5.3.1 Generalized Stokes Equation

Table 6 reports the obtained PCG iteration counts. Similar optimal results are observed as in the lid-driven cavity problem. We note that when \(d=2\), \(\beta =10^3\) and \(m=1\), or when \(d=3\) and \(m=2\), the PCG solver preconditioned by the W-cycle multigrid fails, which is due to the fact that the smoothing steps on each mesh level of the W-cycle multigrid are not large enough to make the preconditioned operator definite and robust with respect to mesh size [8, Section 4]. Meanwhile, the variable V-cycle with \(m=1\) remains a robust and positive definite preconditioner.

Table 6 PCG iteration counts for the generalized Stokes equation in the backward-facing step flow problem in Example 5.3.1, where "NA" means the conjugate gradient solver fails
Full size table

5.3.2 Stationary Navier–Stokes Equations

We apply the PGM method preconditioned by the variable V-cycle method to solve the augmented Lagrangian Uzawa iteration (30a) for the condensed H(div)-HDG method for the linearized Navier–Stokes equations. Here we limit ourselves to cases with two-dimensional domain and with Reynolds number up to \(10^3\). All other settings are identical to those in Example 5.3.1 for the generalized Stokes equation. The resulting average PGM iteration counts during the Picard and Newton iteration procedures in Algorithm are reported in Table 7 for different mesh levels, viscosity \(\nu \), finite element space polynomial order k, and smoothing steps \(m_p = m_h = m\), and similar results as for the lid-driven cavity problem in Example 5.2.2 are observed.

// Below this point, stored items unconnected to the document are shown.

-- ===== src/Net/Run/Lifetime.antt =====
-- From the constructor to the destructor: Init, Run with whatever events, ~EpollNet.
use vwnet_lib.Base.{
  ℕ, ◌≡◌, refl, ap, ◌∙◌, inl, inr, ◌⊎◌, Bool, true, false, List, [], ℤ, pos, negsuc, arith,
  Bool-cases, if_both,
}
use vwnet_lib.Net.State.{Sys, Handlers}
use vwnet_lib.Net.Socket.{Inbound, Outbound}
use vwnet_lib.Net.Setup.{
  Service, is_positive, setup_epoll, clear_epoll, setup_command_fd, clear_command_fd, destroy, init,
}
use vwnet_lib.Net.Run.{Report, RegisteredHandlers, run_loop, serve, run_net}
use vwnet_lib.Net.Run.Release.{
  opened, has_fifo, all_positive, int_eq_refl, NoPipe, Pipe, setup_command_fd-Pipe,
}
use vwnet_lib.Net.Run.Members.{KeepsFds, Beside, setup_command_fd-Beside}
use vwnet_lib.Net.Run.Connections.{
  NoConnection, BindsNone, StartsNone, destroy-sys, init-NoConnection, run_net-NoConnection,
}
use vwnet_lib.Net.Run.Owned.{Owns, IsNew, SameFds-Owns, init-Owns, setup_epoll-Owns, destroy-Owns}

module _ {A : Type 0} where
  setup_epoll-cmdfd : (s : Service A) → (setup_epoll s).1.cmdfd ≡ s.cmdfd
  unfolding setup_epoll
  setup_epoll-cmdfd s = ground arith

  clear_command_fd-Owns :
      (s t : Service A) (fd : ℤ)
      → Owns s
      → s.cmdfd ≡ pos 0
      → Beside s t
      → NoPipe s fd t ⊎ Pipe s fd t
      → Owns (clear_command_fd fd t)
  unfolding clear_command_fd
  clear_command_fd-Owns s t fd i no_cmd b (inl p) =
      let no_writer : is_positive t.cmdfd ≡ false = closed p.no_writer in
      rw (no_writer, p.negative)
        (record {
          owned = rw (p.none_open, b.kept_epollfd, b.kept_svr_sfd) i.owned;
          no_fifo = p.no_fifo;
          positive = b.kept_positive;
        })
    where
      closed : (t.cmdfd ≡ s.cmdfd) ⊎ (t.cmdfd ≡ negsuc 0) → is_positive t.cmdfd ≡ false
      closed (inl same) = ap is_positive (same ∙ no_cmd)
      closed (inr failure) = ap is_positive failure
  clear_command_fd-Owns s t fd i no_cmd b (inr p) =
      rw (p.writer, p.reader)
        (record {
          owned =
              rw (p.both_open, int_eq_refl t.cmdfd, int_eq_refl fd, b.kept_epollfd, b.kept_svr_sfd)
                i.owned;
          no_fifo = refl;
          positive = b.kept_positive;
        })

  clear_epoll-Owns : (s : Service A) → Owns s → Owns (clear_epoll s)
  unfolding clear_epoll
  clear_epoll-Owns s i = elim (Bool-cases (is_positive s.epollfd)) [
    | inl epoll ↦ rw epoll (record {
      owned = rw (i.owned, epoll, int_eq_refl s.epollfd);
      no_fifo = i.no_fifo;
      positive = i.positive;
    })
    | inr no_epoll ↦ rw no_epoll i
  ]

  module _ (h : Handlers A) (ki : Inbound) (ko : Outbound) (reg : RegisteredHandlers h ki ko) where
    serve-Owns :
        (waits : List (List (Report h ki ko))) (s : Service A)
        → Owns s
        → s.cmdfd ≡ pos 0
        → let (cmd_fd, s') = setup_command_fd s in Owns (serve h ki ko reg cmd_fd waits s')
    unfolding serve
    serve-Owns waits s i no_cmd =
        let (cmd_fd, s') = setup_command_fd s in
        let u =
          clear_command_fd cmd_fd (record s' { sys = run_loop h ki ko reg cmd_fd waits s'.sys }) in
        let beside = setup_command_fd-Beside s i.positive in
        let i' : Owns u =
          clear_command_fd-Owns s _ cmd_fd i no_cmd
            (record {
              kept_epollfd = beside.kept_epollfd;
              kept_svr_sfd = beside.kept_svr_sfd;
              kept_positive = beside.kept_positive;
            })
            (after_loop (setup_command_fd-Pipe s i.positive)) in
        clear_epoll-Owns _
          (record { owned = i'.owned; no_fifo = i'.no_fifo; positive = i'.positive })
      where
        after_loop :
            {fd : ℤ} {t : Service A} {x : Sys A}
            → NoPipe s fd t ⊎ Pipe s fd t
            → NoPipe s fd (record t { sys = x }) ⊎ Pipe s fd (record t { sys = x })
        after_loop (inl p) = inl (record {
          negative = p.negative;
          no_writer = p.no_writer;
          none_open = p.none_open;
          no_fifo = p.no_fifo;
        })
        after_loop (inr p) = inr (record {
          reader = p.reader;
          writer = p.writer;
          both_open = p.both_open;
          fifo = p.fifo;
        })

    run_net-Owns :
        (start_service : Service A → Bool × Service A) (waits : List (List (Report h ki ko)))
        (s : Service A)
        → KeepsFds start_service
        → Owns s
        → s.epollfd ≡ pos 0
        → s.cmdfd ≡ pos 0
        → Owns (run_net h ki ko reg start_service waits s)
    unfolding run_net
    run_net-Owns start_service waits s keeps i none_yet no_cmd =
        let s₁ = (setup_epoll s).1 in
        let i₁ = setup_epoll-Owns s i none_yet in
        let started = keeps s₁ in
        let i₂ = SameFds-Owns started i₁ in
        let no_cmd₂ : (start_service s₁).1.cmdfd ≡ pos 0 =
          started.same_cmdfd ∙ (setup_epoll-cmdfd s ∙ no_cmd) in
        if_both Owns s.init_done
          (if_both Owns (setup_epoll s).0
            (if_both Owns (start_service s₁).0 (serve-Owns waits _ i₂ no_cmd₂) i₂) i₁)
          i

    -- For an object of a class whose do_bind and start_service neither open nor close a descriptor and
    -- leave no connection where they fail, without connections at first: whatever the kernel answers to
    -- the calls of Init, Run and the destructor, whatever epoll_wait reports meanwhile, and whichever
    -- step fails, if the descriptor 0 is not given out, then at the end each descriptor that Init and the
    -- set-up of Run got from socket, epoll_create or open is closed, no fifo that they made is left, and
    -- no connection has a context any more.
    pub destroy-run_net :
        (inet_addr : List ℕ → ℕ) (do_bind start_service : Service A → Bool × Service A)
        (ip_addr : List ℕ) (port : ℕ) (waits : List (List (Report h ki ko))) (s : Service A)
        → KeepsFds do_bind
        → KeepsFds start_service
        → BindsNone do_bind
        → StartsNone start_service
        → IsNew s
        → NoConnection s
        → all_positive s.fds ≡ true
        → let s' =
            destroy
              (run_net h ki ko reg start_service waits (init inet_addr do_bind ip_addr port s).1) in
          (opened s'.trace ≡ []) × (has_fifo s'.trace ≡ false) × (s'.sys.net.contexts ≡ [])
    destroy-run_net inet_addr do_bind start_service ip_addr port waits s binds starts binds_none
          starts_none new none positive =
        let (i, none_yet, no_cmd) = init-Owns inet_addr do_bind ip_addr port s binds new positive in
        let (closed, no_fifo) =
          destroy-Owns _ (run_net-Owns start_service waits _ starts i none_yet no_cmd) in
        (
          closed,
          no_fifo,
          ap (λ x. x.net.contexts) (destroy-sys _)
              ∙ run_net-NoConnection h ki ko reg start_service waits _ starts_none
                  (init-NoConnection inet_addr do_bind ip_addr port s binds_none none),
        )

Table 7 Two-dimensional average PGM iteration counts for the linearized Navier-Stokes equations during the Picard/Newton iteration procedure in Algorithm 3 in the backward-facing step flow problem in Example 5.3.2
Full size table

6 Conclusion

In this study, we developed an hp-multigrid preconditioner for the H(div)-HDG scheme for both the generalized Stokes and the Navier–Stokes equations. The condensed H(div)-HDG system is solved by the augmented Lagrangian Uzawa iteration, and the hp-multigrid is used to precondition the nearly-singular primal operator on the global velocity spaces. The proposed hp-multigrid is essentially a multiplicative ASP, with the lowest global velocity space as the auxiliary space and a robust geometric multigrid algorithm as the auxiliary space solver. For the generalized Stokes equation, we prove that the condensed lowest-order H(div)-HDG discretization is equivalent to the CR discretization with a pressure-robust treatment, which allows for the application of the rich geometric multigrid theory for the CR discretization. Numerical experiments demonstrate that the proposed hp-multigrid is robust to mesh size and the augmented Lagrangian parameter, while a very mild increase in iteration counts of the preconditioned Krylov space solvers with respect to the increase of polynomial order is observed. We further test the proposed hp-multigrid preconditioner on the H(div)-HDG scheme for the linearized Naiver-Stokes equation by Picard or Newton’s method, and the iteration counts grow mildly with respect to the increase of the Reynolds number as large as \(10^3\). An efficient parallel implementation of an additive hp-multigrid algorithm and the proof of its robustness for the generalized Stokes equation will be our forthcoming research.